Return to the question at the start. Is the end of CREDIT a simple refresh of values, or a formal declaration of identity abandonment?

The answer is closer to the second. A company that refreshes values usually publishes a mapping of where each old value was absorbed into the new framework. GitLab’s announcement contains no such mapping. The fact that the post never says which corners of the new operating principles absorbed D and T is closer to saying they were not absorbed at all. The handbook’s D page will soon be edited; the word T will leave the values and survive only as an adjective. The two letters that made GitLab into GitLab for 12 years are vanishing in that way.

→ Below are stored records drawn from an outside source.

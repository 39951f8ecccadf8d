-- ===== src/Address.antt =====
-- src/etdc_fd.h and src/etdc_etdserver.cc: the text of the address of a data channel, as it is written
-- and as decode_data_addr reads it.
pub mod Hosts
mod RoundTrip
mod Tests
use etransfer.Common.{
  ℕ, zero, suc, ◌+◌, Bool, true, false, List, [], ◌∷◌, ◌++◌, Option, none, some, Bytes, codes,
  length, leb, not, bytes_eq, ◌==◌, ◌&&◌, ◌||◌, if◌then◌else◌,
}
use etransfer.Text.{is_digit, take_while, drop_while}
use etransfer.DevZero.{digits_value}
use etransfer.Exchange.{print_ℕ}
use etransfer.State.{SockName}

-- Whether a byte stands in a text.
unfoldable pub occurs : ℕ → Bytes → Bool
occurs d [] = false
occurs d (c ∷ s) = (c == d) || occurs d s

unfoldable pub in_brackets : Bytes → Bytes
in_brackets s = b'[' ∷ (s ++ b']' ∷ [])

-- bracket: a host with a colon, a slash or a percent sign is bracketed, unless it starts with a bracket.
unfoldable pub bracket : Bytes → Bytes
unfolding occurs in_brackets
bracket [] = []
bracket (c ∷ s) =
    let is_literal = occurs b':' (c ∷ s) || (occurs b'/' (c ∷ s) || occurs b'%' (c ∷ s)) in
    if not is_literal || (c == b'[') then c ∷ s else in_brackets (c ∷ s)

-- operator<< of a sockname_type
unfoldable pub print_sockname : SockName → Bytes
unfolding bracket print_ℕ
print_sockname a =
    b'<' ∷ (a.protocol ++ b'/' ∷ (bracket a.host ++ b':' ∷ (print_ℕ a.port ++ b'>' ∷ [])))

abbrev is_between : ℕ → ℕ → ℕ → Bool
is_between lo hi c = leb lo c && leb c hi

-- [a-zA-Z0-9], [:0-9a-zA-Z], [:0-9a-fA-F], and what a host name consists of
unfoldable pub is_alnum : ℕ → Bool
unfolding is_digit
is_alnum c = is_digit c || (is_between b'a' b'z' c || is_between b'A' b'Z' c)

unfoldable pub is_literal_byte : ℕ → Bool
unfolding is_alnum
is_literal_byte c = (c == b':') || is_alnum c

unfoldable pub is_hex_byte : ℕ → Bool
unfolding is_digit
is_hex_byte c = (c == b':') || (is_digit c || (is_between b'a' b'f' c || is_between b'A' b'F' c))

unfoldable pub is_host_byte : ℕ → Bool
unfolding is_alnum
is_host_byte c = is_alnum c || ((c == b'-') || (c == b'.'))

-- One or more bytes of a kind, at most n of them: what stands behind them.
unfoldable pub some_of : (ℕ → Bool) → ℕ → Bytes → Option Bytes
some_of p n s =
    let word = take_while p s in
    if leb 1 (length word) && leb (length word) n then some (drop_while p s) else none

-- "(c…)?": what stands behind the part that c starts, if there is one.
unfoldable pub optional_part : ℕ → (ℕ → Bool) → ℕ → Bytes → Option Bytes
unfolding some_of
optional_part d p n [] = some []
optional_part d p n (c ∷ s) = if c == d then some_of p n s else some (c ∷ s)

-- "[…]+(/[0-9]{1,3})?(%[a-zA-Z0-9]+)?" for a kind of bytes: what stands behind.
unfoldable pub behind_literal : (ℕ → Bool) → Bytes → Option Bytes
unfolding some_of optional_part is_digit is_alnum
behind_literal p s = elim (some_of p (length s) s) [
  | none ↦ none
  | some r ↦ elim (optional_part b'/' is_digit 3 r) [
    | none ↦ none
    | some r' ↦ optional_part b'%' is_alnum (length r') r'
  ]
]

-- The parts between dots.
unfoldable pub split_dots : Bytes → Bytes → List Bytes
split_dots label [] = label ∷ []
split_dots label (c ∷ s) =
    let joined = split_dots (label ++ c ∷ []) s in
    let rest = split_dots [] s in if c == b'.' then label ∷ rest else joined

unfoldable pub ends_alnum : Bytes → Bool
unfolding is_alnum
ends_alnum [] = false
ends_alnum (c ∷ []) = is_alnum c
ends_alnum (c ∷ d ∷ s) = ends_alnum (d ∷ s)

-- "[a-zA-Z0-9]|[a-zA-Z0-9][a-zA-Z0-9\-]{0,61}[a-zA-Z0-9]", of a text of letters, digits and dashes
unfoldable pub is_label : Bytes → Bool
unfolding ends_alnum is_alnum
is_label [] = false
is_label (c ∷ s) = is_alnum c && (ends_alnum (c ∷ s) && leb (length (c ∷ s)) 63)

unfoldable pub are_labels : List Bytes → Bool
unfolding is_label
are_labels [] = true
are_labels (l ∷ ls) = is_label l && are_labels ls

-- unbracket, of a host in brackets: they go if only hexadecimal digits and colons stand in front of the
-- optional parts.
unfoldable pub unbracket : Bytes → Bytes
unfolding behind_literal is_hex_byte in_brackets
unbracket s = elim (behind_literal is_hex_byte s) [
  | none ↦ in_brackets s
  | some r ↦ if bytes_eq r [] then s else in_brackets s
]

-- The second group of rxSockName without a bracket at its front: the host name, which must not be
-- longer than 255 bytes, and what stands behind it.
unfoldable pub host_name : Bytes → Option (Bytes × Bytes)
unfolding are_labels split_dots is_host_byte
host_name s =
    let name = take_while is_host_byte s in
    if are_labels (split_dots [] name) && leb (length name) 255
    then some (name, drop_while is_host_byte s)
    else none

-- The same with brackets. `inside` is what stands between them.
unfoldable pub host_literal : Bytes → Option (Bytes × Bytes)
unfolding behind_literal is_literal_byte unbracket
host_literal s =
    let inside = take_while (λ c. not (c == b']')) s in
    elim (behind_literal is_literal_byte inside) [
      | none ↦ none
      | some r ↦ elim (drop_while (λ c. not (c == b']')) s) [
        | [] ↦ none
        | _ ∷ behind ↦ if bytes_eq r [] then some (unbracket inside, behind) else none
      ]
    ]

unfoldable pub host_part : Bytes → Option (Bytes × Bytes)
unfolding host_name host_literal
host_part [] = none
host_part (c ∷ s) =
    let literal = host_literal s in
    let name = host_name (c ∷ s) in if c == b'[' then literal else name

-- ":([0-9]+)>$", and the range of a port
unfoldable pub port_part : Bytes → Option ℕ
unfolding digits_value
port_part [] = none
port_part (c ∷ s) =
    let digits = take_while is_digit s in
    let n = digits_value 0 digits in
    if (c == b':')
      && (leb 1 (length digits) && (bytes_eq (drop_while is_digit s) (b'>' ∷ []) && leb n 65535))
    then some n
    else none

-- decode_data_addr
unfoldable pub decode_data_addr : Bytes → Option SockName
unfolding host_part port_part
decode_data_addr [] = none
decode_data_addr (c ∷ s) =
    elim ((c == b'<') && leb 1 (length (take_while (λ d. not (d == b'/')) s))) [
      | false ↦ none
      | true ↦ elim (drop_while (λ d. not (d == b'/')) s) [
        | [] ↦ none
        | _ ∷ r ↦ elim (host_part r) [
          | none ↦ none
          | some (host, r') ↦ elim (port_part r') [
            | none ↦ none
            | some n ↦
                some
                  (record { protocol = take_while (λ d. not (d == b'/')) s; host = host; port = n })
          ]
        ]
      ]
    ]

The strangeness of that vanishing lies in its happening publicly rather than secretly. A handbook company records even the retirement of its own identity in its handbook. simonw’s pre-attached permalink is therefore doubly meaningful. It preserves both a prior state of a single page and the paradox of the handbook as a genre. A company that has retired its values still attempts, through the transparency of the retirement process, to prove that it is still a transparent company.

Last week’s GitHub fractures and this week’s GitLab identity announcement are two faces of the same fact. For 18 years, Git forge SaaS has been the most stable infrastructure in a developer’s daily routine, and that stability was guaranteed in part by the values of the companies — one a giant SaaS under Microsoft, the other a transparent remote company built on top of a handbook. The agentic era is repricing those values. As humans cease to be the primary users of the infrastructure, values aimed at humans begin to look like costs.

The opening scene of the second act has ended. The company on stage still goes by the name GitLab, but the audience below the stage — those who for 18 years built their own companies’ remote policies by quoting that handbook — looks around the auditorium for the first time and asks the person next to them the same question. What was it, exactly, that we have been watching all this time?